Algumas lembranças deveriam permanecer enterradas.
Anísio cresceu em meio a silêncios que nunca compreendeu completamente. Anos depois, quando o passado começa a retornar, ele percebe que certas coisas que julgava esquecidas continuam presentes — escondidas em uma casa, em fotografias antigas, em rostos que já não são reconhecidos e em lugares que parecem existir entre a memória e a realidade.
Quanto mais tenta entender o que está acontecendo, mais a casa se transforma em um labirinto de lembranças. Portas levam a lugares que não deveriam existir. Espelhos devolvem mais do que reflexos. Uma presença ligada à sua infância parece conhecê-lo melhor do que ele próprio.
E então Anísio começa a perceber que talvez não esteja apenas tentando descobrir o que aconteceu.
Talvez esteja tentando descobrir quem ele era antes de esquecer.
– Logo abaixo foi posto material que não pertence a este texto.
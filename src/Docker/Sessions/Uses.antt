-- ===== src/Docker/Sessions/Uses.antt =====
-- Calls that use a live container keep the invariant of the session registry.
use henry.Prelude.{ℕ, ◌≡◌, refl, ◌∙◌, List, ◌∷◌}
use henry.Docker.Sessions.{
  Sandbox, DockerCall, exec_in, copy_in, copy_out, remove_container, remove_volume,
}
use henry.Docker.Sessions.Invariant.{Inv, UsedAlive, container_removals, volume_removals}

-- A call of Docker that removes nothing and uses only a live container.
abbrev pub IsUse : DockerCall → List DockerCall → Type 0
IsUse (exec_in a) calls = container_removals a calls ≡ 0
IsUse (copy_in a) calls = container_removals a calls ≡ 0
IsUse (copy_out a) calls = container_removals a calls ≡ 0
IsUse (remove_container a) calls = ⊥
IsUse (remove_volume a) calls = ⊥
IsUse _ calls = Unit

use-removals :
    (c : DockerCall) (cs : List DockerCall) (b : ℕ)
    → IsUse c cs
    → (container_removals b (c ∷ cs) ≡ container_removals b cs)
      × (volume_removals b (c ∷ cs) ≡ volume_removals b cs)
use-removals (remove_container a) cs b h = absurd h
use-removals (remove_volume a) cs b h = absurd h
use-removals _ cs b h = (refl, refl)

use-UsedAlive :
    (c : DockerCall) (cs : List DockerCall) → IsUse c cs → UsedAlive cs → UsedAlive (c ∷ cs)
use-UsedAlive (exec_in a) cs h u = (h, u)
use-UsedAlive (copy_in a) cs h u = (h, u)
use-UsedAlive (copy_out a) cs h u = (h, u)
use-UsedAlive _ cs h u = u

pub use-Inv :
    (w : Sandbox) (c : DockerCall)
    → Inv w
    → IsUse c w.calls
    → Inv (record w { calls = c ∷ w.calls })
use-Inv w c v h = record {
  registered = v.registered;
  reachable = v.reachable;
  cleaned = λ b t k.
      let (p, q) = use-removals c w.calls b h in (p ∙ (v.cleaned b t k).0, q ∙ (v.cleaned b t k).1);
  unborn = λ b k.
      let (p, q) = use-removals c w.calls b h in (p ∙ (v.unborn b k).0, q ∙ (v.unborn b k).1);
  fresh = v.fresh;
  used_alive = use-UsedAlive c w.calls h v.used_alive;
}
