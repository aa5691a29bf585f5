-- ===== src/Docker/Start.antt =====
-- DockerSandbox.start and `_wait_ready` of henry/sandbox/docker.py.
pub mod Clean
use henry.Prelude.{
  ℕ, suc, ◌+◌, ◌*◌, Bool, true, false, not, Option, none, some, List, [], ◌∷◌, ◌++◌, leb, ltb, ◌==◌,
  if◌then◌else◌,
}
use henry.Prelude.Int.{ℤ, pos}
use henry.Text.{Text, codes, ◌===◌}
use henry.Dict.{Dict, insert}
use henry.PosixPath.{join_path}
use henry.Result.{Result, ok, err, Error, value_error, sandbox_error, other_error}
use henry.SandboxTypes.{SandboxPolicy}
use henry.Docker.Sessions.{
  Sandbox, Session, Removal, create_volume, remove_new_volume, run_container, update,
  remove_session,
}

-- The options of the container that `_start` runs, beside the fixed ones: a read-only root, no
-- network, no capabilities and no new privileges.
pub record RunOptions : Type 0 where
  pub image : Text
  pub read_only : Bool
  pub working_dir : Text
  pub mem_limit_mb : ℕ
  pub nano_cpus : ℕ
  pub pids_limit : ℕ
  pub network_mode : Text
  pub connection_file : Text
  pub writable_mounts : List Text
  pub cap_drop : List Text
  pub no_new_privileges : Bool

unfoldable pub run_options : SandboxPolicy → RunOptions
run_options policy = record {
  image = policy.image;
  read_only = true;
  working_dir = policy.workdir;
  mem_limit_mb = policy.mem_mb;
  nano_cpus = policy.cpus_milli * 1000000;
  pids_limit = 512;
  network_mode = codes "none";
  connection_file = join_path (join_path policy.workdir (codes ".henry")) (codes "kernel.json");
  writable_mounts = policy.workdir ∷ codes "/tmp" ∷ [];
  cap_drop = codes "ALL" ∷ [];
  no_new_privileges = true;
}

-- One round of `_wait_ready`: the clock, what the ping answers, and the clock behind it.
pub data Ping : Type 0 where
  answered : ℤ → Ping
  overdue failed cancelled : Ping

pub record Round : Type 0 where
  pub now : ℕ
  pub ping : Ping

pub data Ready : Type 0 where
  ready timed_out interrupted : Ready

is_zero : ℤ → Bool
is_zero (pos n) = n == 0
is_zero _ = false

-- What follows a ping; `more` is the rest of the loop.
after_ping : Ping → Option Ready → Option Ready
after_ping (answered code) more = if is_zero code then some ready else more
after_ping overdue more = some timed_out
after_ping failed more = more
after_ping cancelled more = some interrupted

-- `none`: still polling when the rounds that are known end.
unfoldable pub wait_ready : ℕ → List Round → Option Ready
unfolding is_zero after_ping
wait_ready deadline [] = none
wait_ready deadline (r ∷ rest) =
    let more = after_ping r.ping (wait_ready deadline rest) in
    if leb deadline r.now then some timed_out else more

-- `self._sessions[session] = _Session(...)`, a new object.
unfoldable pub register : Sandbox → Text → SandboxPolicy → ℕ → Sandbox
register w session policy now = record w {
  sessions = insert session w.next w.sessions;
  heap = update w.heap w.next (record {
    container = session;
    policy = policy;
    created_at = now;
    destroyed = false;
    locked = false;
  });
  next = suc w.next;
  calls = run_container w.next ∷ create_volume ∷ w.calls;
}

-- What Docker and the kernel do while a session starts: how `volumes.create` ends, the
-- container's id or the exception of `containers.run`, the time of registration, how the wait for the kernel ends, the logs, and the
-- answer to a removal.
pub record Startup : Type 0 where
  pub volume : Result (Unit {0})
  pub run : Result Text
  pub now : ℕ
  pub wait : Ready
  pub logs : Text
  pub removal : Removal

not_ready : Text → Error
not_ready [] = sandbox_error (codes "sandbox kernel did not become ready")
not_ready (c ∷ logs) = sandbox_error (codes "sandbox kernel did not become ready: " ++ c ∷ logs)

-- The error of a failed cleanup takes the place of the one that led to it.
cleaned_up : Result (Unit {0}) → Error → Result Text
cleaned_up (ok _) e = err e
cleaned_up (err other) e = err other

after_wait : Sandbox → Text → Startup → Ready → Sandbox × Result Text
unfolding not_ready cleaned_up
after_wait w session u ready = (w, ok session)
after_wait w session u timed_out =
    let (w', done) = remove_session w session u.removal in (w', cleaned_up done (not_ready u.logs))
after_wait w session u interrupted =
    let (w', done) = remove_session w session u.removal in
    (w', cleaned_up done (other_error (codes "CancelledError")))

start_run : Sandbox → SandboxPolicy → Startup → Result Text → Sandbox × Result Text
unfolding after_wait
start_run w policy u (err e) =
    (record w { calls = remove_new_volume ∷ create_volume ∷ w.calls }, err e)
start_run w policy u (ok session) = after_wait (register w session policy u.now) session u u.wait

start_volume : Sandbox → SandboxPolicy → Startup → Result (Unit {0}) → Sandbox × Result Text
unfolding start_run
start_volume w policy u (err e) = (record w { calls = create_volume ∷ w.calls }, err e)
start_volume w policy u (ok _) = start_run w policy u u.run

unfoldable pub start : Sandbox → SandboxPolicy → Startup → Sandbox × Result Text
unfolding start_volume
start w policy u =
    if not (policy.network === codes "none")
    then (
      w,
      err (
          value_error
            (codes "V1 sandbox only supports network='none'; fetch external data host-side")),
    )
    else start_volume w policy u u.volume
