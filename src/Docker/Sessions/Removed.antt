-- ===== src/Docker/Sessions/Removed.antt =====
-- What is left after a session is removed.
use henry.Prelude.{
  ℕ, ◌≡◌, subst, inl, inr, false, none, some, arith, ==_iff, if◌then◌else◌, Option-cases,
}
use henry.Text.{Text, ◌===◌, ===_iff}
use henry.Dict.{lookup, lookup-remove}
use henry.Result.{ok}
use henry.Docker.Sessions.{Sandbox, Session, Removal, tear_down, remove_session}
use henry.Docker.Sessions.Invariant.{Inv, tear_down-Inv}

-- The ids other than one are registered as they were.
abbrev pub SameBut : Text → Sandbox → Sandbox → Type 0
SameBut name w w' =
    (j : Text) → lookup j w'.sessions ≡ (if name === j then none else lookup j w.sessions)

remove_session-unknown :
    (w : Sandbox) (name : Text) (r : Removal)
    → lookup name w.sessions ≡ none
    → remove_session w name r ≡ (w, ok tt)
unfolding remove_session
remove_session-unknown w name r h = rw (h, remove_session)

remove_session-known :
    (w : Sandbox) (name : Text) (r : Removal) (a : ℕ) (s : Session)
    → lookup name w.sessions ≡ some a
    → w.heap a ≡ some s
    → (remove_session w name r).0 ≡ tear_down w name a s
unfolding remove_session
remove_session-known w name r a s h k = ground arith

tear_down-SameBut :
    (w : Sandbox) (name : Text) (a : ℕ) (s : Session)
    → lookup name w.sessions ≡ some a
    → s.destroyed ≡ false
    → SameBut name w (tear_down w name a s)
unfolding tear_down
tear_down-SameBut w name a s h d j = ground (arith, ==_iff a a, lookup-remove name j w.sessions)

-- Whatever Docker answers, removing a session keeps the invariant, and its id is then unknown; no
-- other id is touched.
pub remove_session_lem :
    (w : Sandbox) (name : Text) (r : Removal)
    → Inv w
    → Inv (remove_session w name r).0 × SameBut name w (remove_session w name r).0
remove_session_lem w name r v = elim (Option-cases (lookup name w.sessions)) [
  | inl e ↦ rw (remove_session-unknown w name r e) (v, λ j. ground (arith, ===_iff name j))
  | inr (a, e) ↦
      let (s, there, named, alive) = v.registered name a e in
      rw (remove_session-known w name r a s e there) (
        subst (λ n. Inv (tear_down w n a s)) named (tear_down-Inv w v a s there),
        tear_down-SameBut w name a s e alive,
      )
]
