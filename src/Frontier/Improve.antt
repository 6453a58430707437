-- ===== src/Frontier/Improve.antt =====
-- What frontier admission promises.
use science_ladder.Base.{
  ◌≡◌, ◌⊎◌, ◌↔◌, inl, inr, refl, true, false, arith, Bool-cases, Bytes, ok, is_ok,
}
use science_ladder.Base.Int.{ℤ, pos, ltb_ℤ, ◌≤ℤ◌, ◌<ℤ◌, ◌+ℤ◌, ◌-ℤ◌, -ℤ_parts, +ℤ_parts, neg_parts}
use science_ladder.Ticks.{parse_ticks}
use science_ladder.Metric.{Metric, is_maximize, is_minimize, not_both}
use science_ladder.Frontier.{frontier_improvement, admission_frontier}

module _ (score prior : Bytes) (m : Metric) where
  -- Texts that are no ticks never improve the frontier.
  pub frontier_improvement-reads :
      frontier_improvement score prior m ≡ true
      → (is_ok (parse_ticks score) ≡ true)
        × (is_ok (parse_ticks prior) ≡ true)
        × (is_ok (parse_ticks m.minimum_delta_ticks) ≡ true)
  unfolding frontier_improvement
  frontier_improvement-reads h = ground arith

  module _ (x y d : ℤ) (score_read : parse_ticks score ≡ ok x)
      (prior_read : parse_ticks prior ≡ ok y)
      (delta_read : parse_ticks m.minimum_delta_ticks ≡ ok d) where
    -- Where all texts read as ticks and more is better, a score improves the frontier exactly if
    -- the declared delta is positive and the score lies above the frontier by at least that much.
    pub frontier_improvement-maximize :
        is_maximize m.direction ≡ true
        → (frontier_improvement score prior m ≡ true) ↔ ((pos 0 <ℤ d) × (y +ℤ d ≤ℤ x))
    unfolding frontier_improvement
    frontier_improvement-maximize h =
        ground (arith, not_both m.direction, -ℤ_parts x y, +ℤ_parts y d)

    -- Where all texts read as ticks and less is better, a score improves the frontier exactly if
    -- the declared delta is positive and the score lies below the frontier by at least that much.
    pub frontier_improvement-minimize :
        is_minimize m.direction ≡ true
        → (frontier_improvement score prior m ≡ true) ↔ ((pos 0 <ℤ d) × (x +ℤ d ≤ℤ y))
    unfolding frontier_improvement
    frontier_improvement-minimize h =
        ground (arith, not_both m.direction, -ℤ_parts x y, neg_parts (x -ℤ y), +ℤ_parts x d)

-- The baseline stands in for a public frontier that cannot be read.
pub admission_frontier_unread :
    (m : Metric) (public : Bytes)
    → is_ok (parse_ticks public) ≡ false
    → admission_frontier m public ≡ m.baseline_ticks
unfolding admission_frontier
admission_frontier_unread m public h = ground arith

module _ (m : Metric) (public : Bytes) (a b : ℤ) (public_read : parse_ticks public ≡ ok a)
    (baseline_read : parse_ticks m.baseline_ticks ≡ ok b) where
  -- Where the public frontier and the baseline read as ticks and more is better, the frontier that
  -- admission compares with reads as the higher of the two.
  pub admission_frontier-maximize :
      is_maximize m.direction ≡ true
      → (z : ℤ) × (parse_ticks (admission_frontier m public) ≡ ok z)
        × (b ≤ℤ z)
        × (a ≤ℤ z)
        × ((z ≡ a) ⊎ (z ≡ b))
  unfolding admission_frontier
  admission_frontier-maximize h = elim (Bool-cases (ltb_ℤ (pos 0) (a -ℤ b))) [
    | inl better ↦ (
      a,
      ground (arith, not_both m.direction),
      ground (arith, -ℤ_parts a b),
      omega arith,
      inl refl,
    )
    | inr worse ↦ (
      b,
      ground (arith, not_both m.direction),
      omega arith,
      ground (arith, -ℤ_parts a b),
      inr refl,
    )
  ]

  -- Where the public frontier and the baseline read as ticks and less is better, the frontier that
  -- admission compares with reads as the lower of the two.
  pub admission_frontier-minimize :
      is_minimize m.direction ≡ true
      → (z : ℤ) × (parse_ticks (admission_frontier m public) ≡ ok z)
        × (z ≤ℤ b)
        × (z ≤ℤ a)
        × ((z ≡ a) ⊎ (z ≡ b))
  unfolding admission_frontier
  admission_frontier-minimize h = elim (Bool-cases (ltb_ℤ (a -ℤ b) (pos 0))) [
    | inl better ↦ (
      a,
      ground (arith, not_both m.direction),
      ground (arith, -ℤ_parts a b),
      omega arith,
      inl refl,
    )
    | inr worse ↦ (
      b,
      ground (arith, not_both m.direction),
      omega arith,
      ground (arith, -ℤ_parts a b),
      inr refl,
    )
  ]
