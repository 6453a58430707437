-- ===== src/Lease/Limits.antt =====
-- The bounds of a lease.
use science_ladder.Base.{inl, inr, arith, Bool-cases, Bytes, text_eq}
use science_ladder.Base.Int.{ℤ, pos, ◌≤ℤ◌, ◌+ℤ◌, scale}
use science_ladder.Lease.{
  JobLimits, manifest_v2, second, fifteen_minutes, maximum_job_lease, wrap, clamp, job_seconds,
  job_lease_duration,
}

clamp_lem : (d : ℤ) → (fifteen_minutes ≤ℤ clamp d) × (clamp d ≤ℤ maximum_job_lease)
clamp_lem d = (ground arith, ground arith)

-- Whatever a manifest declares, and though the seconds may wrap, a job is leased for 15 minutes at
-- least and for 18 hours at most.
pub job_lease_duration_lem :
    (m : JobLimits) (purpose : Bytes)
    → (fifteen_minutes ≤ℤ job_lease_duration m purpose)
      × (job_lease_duration m purpose ≤ℤ maximum_job_lease)
unfolding job_lease_duration
job_lease_duration_lem m purpose = elim (Bool-cases (text_eq m.api_version manifest_v2)) [
  | inl h ↦ rw h (clamp_lem (wrap (scale (wrap (job_seconds m purpose +ℤ pos 600)) second)))
  | inr h ↦ rw h (ground arith, ground arith)
]
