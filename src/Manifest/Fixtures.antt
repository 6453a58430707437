-- ===== src/Manifest/Fixtures.antt =====
-- pkg/protocol/validate.go: the fixtures of a manifest.
use science_ladder.Base.{
  Bool, ◌&&◌, ◌||◌, not, List, [], ◌∷◌, if◌then◌else◌, Bytes, text, is_empty, is_in, text_eq,
  Result, ok, message, ◌>>=◌, ◌>>◌, reject_if,
}
use science_ladder.Ticks.{parse_ticks}
use science_ladder.Artifacts.{Unicode, validate_path}
use science_ladder.Evaluation.{is_identifier}
use science_ladder.Manifest.{Fixture}

abbrev pub is_outcome : Bytes → Bool
is_outcome o =
    text_eq o (text "valid")
    || text_eq o (text "hard_gate_failed")
    || text_eq o (text "invalid_output")
    || text_eq o (text "resource_limit")

-- The expected ticks, where the fixture has some.
abbrev pub check_ticks : Bytes → Result (Unit {0})
check_ticks ticks =
    let read = (do parse_ticks ticks; ok tt) in if is_empty ticks then ok tt else read

-- What the four fixtures with a fixed name must expect.
unfoldable pub check_named : Bool → Bytes → Fixture → Result (Unit {0})
unfolding text_eq
check_named timed baseline_ticks f =
    if text_eq f.name (text "baseline")
    then reject_if
        (not (text_eq f.expected_outcome (text "valid"))
          || (not timed && not (text_eq f.expected_ticks baseline_ticks)))
        (message "baseline fixture must declare the valid baseline ticks")
    else if text_eq f.name (text "valid")
    then reject_if (not (text_eq f.expected_outcome (text "valid")))
        (message "valid fixture must pass")
    else if text_eq f.name (text "invalid")
    then reject_if
        (not (text_eq f.expected_outcome (text "hard_gate_failed"))
          && not (text_eq f.expected_outcome (text "invalid_output")))
        (message "invalid fixture must fail a hard gate or parsing")
    else if text_eq f.name (text "malformed")
    then reject_if (not (text_eq f.expected_outcome (text "invalid_output")))
        (message "malformed fixture must fail parsing")
    else ok tt

-- The loop over the fixtures; the answer is the names. `timed` is the test for performance mode.
module _ (u : Unicode) (timed : Bool) (baseline_ticks : Bytes) where
  unfoldable pub check_fixtures : List Bytes → List Fixture → Result (List Bytes)
  unfolding is_identifier validate_path parse_ticks check_named text_eq
  check_fixtures names [] = ok names
  check_fixtures names (f ∷ fs) = do
    reject_if (not (is_identifier f.name) || is_in f.name names)
        (message "invalid or duplicate fixture")
    validate_path u f.path
    reject_if (not (is_outcome f.expected_outcome)) (message "unsupported fixture outcome")
    reject_if (timed && not (is_empty f.expected_ticks))
        (message "measured fixtures use timing evidence, not predeclared exact ticks")
    check_ticks f.expected_ticks
    check_named timed baseline_ticks f
    check_fixtures (f.name ∷ names) fs

  unfoldable pub validate_fixtures : List Fixture → Result (Unit {0})
  unfolding check_fixtures text_eq
  validate_fixtures fs = do
    names ← check_fixtures [] fs
    reject_if
        (not (
          is_in (text "baseline") names
          && is_in (text "valid") names
          && is_in (text "invalid") names
          && is_in (text "malformed") names))
        (message "required fixture missing")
Em uma jornada sombria por memórias fragmentadas, ausências e segredos que insistem em permanecer, passado e presente começam a se confundir até que a própria identidade de Anísio se torna uma pergunta.
A Rua Que Esqueceu os Mortos é um horror psicológico sobre memória, infância, medo e aquilo que permanece dentro de nós mesmo quando acreditamos ter esquecido.
Porque há coisas que desaparecem.
E há coisas que apenas esperam ser lembradas.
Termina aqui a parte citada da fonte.